Search the material below for the string "none" and list each line that holds it.
[Raw data Boundary: Start]
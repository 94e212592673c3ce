-- ===== src/NetRecv/Fill.antt =====
-- The loop of `send_data` (netpool/outclass/CNetRecv.cpp) that copies the caller's bytes into nodes.
use netpool.Base.{
  ℕ, zero, suc, ◌+◌, ◌/◌, ◌≤◌, ◌<◌, ◌≡◌, refl, sym, ap, subst, ◌∙◌, inl, inr, true, false, Option,
  some, List, [], ◌∷◌, ◌++◌, append-nil, append_assoc, arith, ltb, length, take, drop, All,
  All-append, Bool-cases, Option-cases, take-append-drop, length-take, length-drop,
}
use netpool.NetRecv.{
  BufNode, buf_node_size, Filled, fill, enqueue, fresh_node, append_bytes, buf_spare_len, unsent,
}
use netpool.NetRecv.Buffers.{
  IsNode, pending, pending-append, fresh_node-IsNode, unsent-fresh_node, produce_pos-fresh_node,
  buf_spare_len_lem, append_bytes-IsNode, unsent-append_bytes, get_tail_cases, All-append_last,
}

pending_last :
    (before : List BufNode) (n : BufNode) → pending (before ++ n ∷ []) ≡ pending before ++ unsent n
pending_last before n =
    pending-append before (n ∷ []) ∙ ap (λ t. pending before ++ t) (append-nil (unsent n))

-- The queue after bytes that fit have been copied to its last node.
module _ (before : List BufNode) (node : BufNode) (src : List ℕ) (vs : All IsNode before)
    (v : IsNode node) (room : node.produce_pos + length src ≤ 1500) where
  pending_filled :
      pending (before ++ append_bytes node src ∷ []) ≡ (pending before ++ unsent node) ++ src
  pending_filled =
      pending_last before (append_bytes node src)
      ∙ ap (λ t. pending before ++ t) (unsent-append_bytes node src v room)
      ∙ sym (append_assoc (pending before) (unsent node) src)

  All-filled : All IsNode (before ++ append_bytes node src ∷ [])
  All-filled = All-append IsNode before _ vs (append_bytes-IsNode node src v room, tt)

module _ {S : Type 0} (new_mem : S → Option (List ℕ) × S)
    (sized : (s : S) (mem : List ℕ) → (new_mem s).0 ≡ some mem → length mem ≡ buf_node_size) where
  -- The queue has gained the bytes of the buffer up to some place, all of them if the loop is complete.
  abbrev pub Gains : List ℕ → List ℕ → Filled new_mem → Type 0
  Gains old buf f =
      (taken : List ℕ) × (rest : List ℕ) × (buf ≡ taken ++ rest)
      × (pending f.queue ≡ old ++ taken)
      × (f.complete ≡ true → rest ≡ [])
      × All IsNode f.queue

  -- With enough fuel the loop ends, whatever the allocator answers.
  pub fill-Gains :
      (fuel : ℕ) (before : List BufNode) (node : BufNode) (buf : List ℕ) (s : S)
      → All IsNode before
      → IsNode node
      → length buf + node.produce_pos / 1500 < fuel
      → (f : Filled new_mem) × (fill new_mem fuel before node buf s ≡ some f)
        × Gains (pending before ++ unsent node) buf f
  unfolding fill
  fill-Gains zero before node buf s vs v h = absurd (omega arith)
  fill-Gains (suc fuel) before node [] s vs v h = (
    record { queue = before ++ node ∷ []; complete = true; memory = s },
    refl,
    (
      [],
      [],
      refl,
      pending_last before node ∙ sym (append-nil _),
      λ _. refl,
      All-append IsNode before _ vs (v, tt),
    ),
  )
  fill-Gains (suc fuel) before node (b ∷ buf) s vs v h =
      elim (Bool-cases (ltb (buf_spare_len node) (length (b ∷ buf)))) [
        | inr fits ↦
            let room : node.produce_pos + length (b ∷ buf) ≤ 1500 =
              ground (arith, buf_spare_len_lem node v, v.fits) in
            (
              record {
                queue = before ++ append_bytes node (b ∷ buf) ∷ [];
                complete = true;
                memory = s;
              },
              ground arith,
              (
                b ∷ buf,
                [],
                sym (append-nil (b ∷ buf)),
                pending_filled before node (b ∷ buf) vs v room,
                λ _. refl,
                All-filled before node (b ∷ buf) vs v room,
              ),
            )
        | inl over ↦
            let spare = buf_spare_len node in
            let src = take spare (b ∷ buf) in
            let rest = drop spare (b ∷ buf) in
            let full = append_bytes node src in
            let room : node.produce_pos + length src ≤ 1500 =
              ground (arith, buf_spare_len_lem node v, v.fits, length-take spare (b ∷ buf)) in
            let front = pending_filled before node src vs v room in
            let valid = All-filled before node src vs v room in
            elim (Option-cases (new_mem s).0) [
              | inl no_mem ↦ (
                record { queue = before ++ full ∷ []; complete = false; memory = (new_mem s).1 },
                ground arith,
                (src, rest, sym (take-append-drop spare (b ∷ buf)), front, λ e. cc, valid),
              )
              | inr (m, mem) ↦
                  let v' = fresh_node-IsNode m (sized s m mem) in
                  let fuel_left : length rest + (fresh_node m).produce_pos / 1500 < fuel = ground (
                    arith,
                    buf_spare_len_lem node v,
                    length-drop spare (b ∷ buf),
                    produce_pos-fresh_node m,
                  ) in
                  let (f, run, (taken, left, split, onto, whole, ok)) =
                    fill-Gains fuel (before ++ full ∷ []) (fresh_node m) rest (new_mem s).1 valid v'
                      fuel_left in
                  (
                    f,
                    ground (arith, run),
                    (
                      src ++ taken,
                      left,
                      sym (take-append-drop spare (b ∷ buf))
                          ∙ ap (λ t. src ++ t) split
                          ∙ sym (append_assoc src taken left),
                      onto
                          ∙ ap (λ t. (pending (before ++ full ∷ []) ++ t) ++ taken)
                              (unsent-fresh_node m)
                          ∙ ap (λ t. t ++ taken) (append-nil _ ∙ front)
                          ∙ append_assoc _ src taken,
                      whole,
                      ok,
                    ),
                  )
            ]
      ]

  -- The locked part of `send_data` always ends: the nodes keep their form, and the queue gains the
  -- bytes of the buffer up to some place, all of them if no allocation fails.
  pub enqueue-Gains :
      (q : List BufNode) (buf : List ℕ) (s : S)
      → All IsNode q
      → (f : Filled new_mem) × (enqueue new_mem q buf s ≡ some f) × Gains (pending q) buf f
  unfolding enqueue
  enqueue-Gains q buf s vs = elim (get_tail_cases q) [
    | inr (before, last, t, e) ↦
        let (vs', v) = All-append_last before last (subst (All IsNode) e vs) in
        let (f, run, gains) =
          fill-Gains (length buf + 2) before last buf s vs' v (ground (arith, v.fits)) in
        (
          f,
          rw (t, enqueue) run,
          subst (λ old. Gains old buf f) (sym (ap pending e ∙ pending_last before last)) gains,
        )
    | inl (e, t) ↦ elim (Option-cases (new_mem s).0) [
      | inl no_mem ↦ (
        record { queue = q; complete = false; memory = (new_mem s).1 },
        rw (t, no_mem, enqueue),
        ([], buf, refl, sym (append-nil _), λ x. cc, vs),
      )
      | inr (m, mem) ↦
          let v = fresh_node-IsNode m (sized s m mem) in
          let (f, run, gains) =
            fill-Gains (length buf + 2) [] (fresh_node m) buf (new_mem s).1 tt v
              (ground (arith, produce_pos-fresh_node m)) in
          (
            f,
            rw (t, mem, enqueue) run,
            subst (λ old. Gains old buf f) (unsent-fresh_node m ∙ sym (ap pending e)) gains,
          )
    ]
  ]
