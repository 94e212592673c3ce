-- ===== src/NetRecv/SendData.antt =====
-- What `send_data` (netpool/outclass/CNetRecv.cpp) does to an asynchronous connection.
use netpool.NetRecv.{NetRecv}
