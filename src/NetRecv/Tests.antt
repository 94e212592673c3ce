-- ===== src/NetRecv/Tests.antt =====
-- Runs of the buffered connection of netpool/outclass/CNetRecv.cpp.
use netpool.Base.{
  ℕ, zero, suc, ◌+◌, ◌≡◌, refl, ap, ◌⊎◌, true, false, Option, none, some, List, [], ◌∷◌, ◌++◌,
  arith, length, replicate,
}
use netpool.SocketWrap.{
  eintr, eagain, ready, accepts, send_failed, sock_writeable, round_progress, after_round,
  sock_write_loop, sock_write_timeout,
}
use netpool.NetRecv.{BufNode, NetRecv, Socket, buf_node_size, unsent}
use netpool.NetRecv.Flush.{
  write_node, after_write, flush_queue, flush, free_nodes, flushed, held_nodes,
  free_async_write_resource,
}
use netpool.NetRecv.Buffers.{IsNode, backlog, IsConnection}
use netpool.NetRecv.Close.{free_async_write_resource-Closes}

-- A buffer of 1500 bytes that begins with 1, 2, 3.
abbrev memory : List ℕ
memory = 1 ∷ 2 ∷ 3 ∷ replicate 1497 0

length-replicate : (n a : ℕ) → length (replicate n a) ≡ n
length-replicate zero a = refl
length-replicate (suc n) a = ap suc (length-replicate n a)

length-memory : length memory ≡ buf_node_size
length-memory = omega (arith, length-replicate 1497 0)

-- Three bytes, of which the first has been sent.
abbrev node : BufNode
node = record { consume_pos = 1; produce_pos = 3; bytes = memory }

node-IsNode : IsNode node
node-IsNode = record { ordered = omega arith; fits = omega arith; sized = length-memory }

abbrev connection : NetRecv
connection = record {
  is_async_write = true;
  data_queue = node ∷ [];
  cur_send_node = some node;
  is_write_failed = false;
  is_register_write = false;
  is_freed = false;
  freed = 0;
}

connection-IsConnection : IsConnection connection
connection-IsConnection = (node-IsNode, (node-IsNode, tt))

-- One byte, an interruption, and then a full socket.
abbrev socket : Socket
socket = record {
  sends = accepts 1 ∷ send_failed eintr ∷ send_failed eagain ∷ [];
  rounds =
      record { selects = ready ∷ []; answer = accepts 9 }
      ∷ record { selects = ready ∷ []; answer = accepts 9 }
      ∷ [];
  wire = 1 ∷ [];
}

-- An allocator that counts its calls.
abbrev new_mem : ℕ → Option (List ℕ) × ℕ
new_mem n = (some (replicate 1500 0), suc n)

abbrev closed : NetRecv
closed = record connection {
  is_async_write = false;
  data_queue = [];
  cur_send_node = none;
  freed = 2;
}

abbrev closed_socket : Socket
closed_socket = record socket { rounds = []; wire = 1 ∷ 2 ∷ 3 ∷ 2 ∷ 3 ∷ [] }

close_run : free_async_write_resource connection socket ≡ some (closed, closed_socket)
unfolding free_async_write_resource flush flush_queue after_write write_node unsent free_nodes
    flushed sock_write_timeout sock_write_loop after_round round_progress sock_writeable
close_run = refl

free_async_write_resource-Closes_example :
    (sent : List ℕ) × (rest : List ℕ) × (backlog connection ≡ sent ++ rest)
    × (closed_socket.wire ≡ socket.wire ++ sent)
    × ((connection.is_write_failed ≡ false) ⊎ (sent ≡ []))
    × (closed.freed ≡ connection.freed + held_nodes connection)
    × (closed.data_queue ≡ [])
    × (closed.is_async_write ≡ false)
free_async_write_resource-Closes_example =
    free_async_write_resource-Closes connection socket refl connection-IsConnection close_run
[Raw data Boundary: End]
Answer space:
  ℕ, zero, suc, ◌+◌, ◌≡◌, refl, ap, ◌⊎◌, true, false, Option, none, some, List, [], ◌∷◌, ◌++◌,
  cur_send_node = none;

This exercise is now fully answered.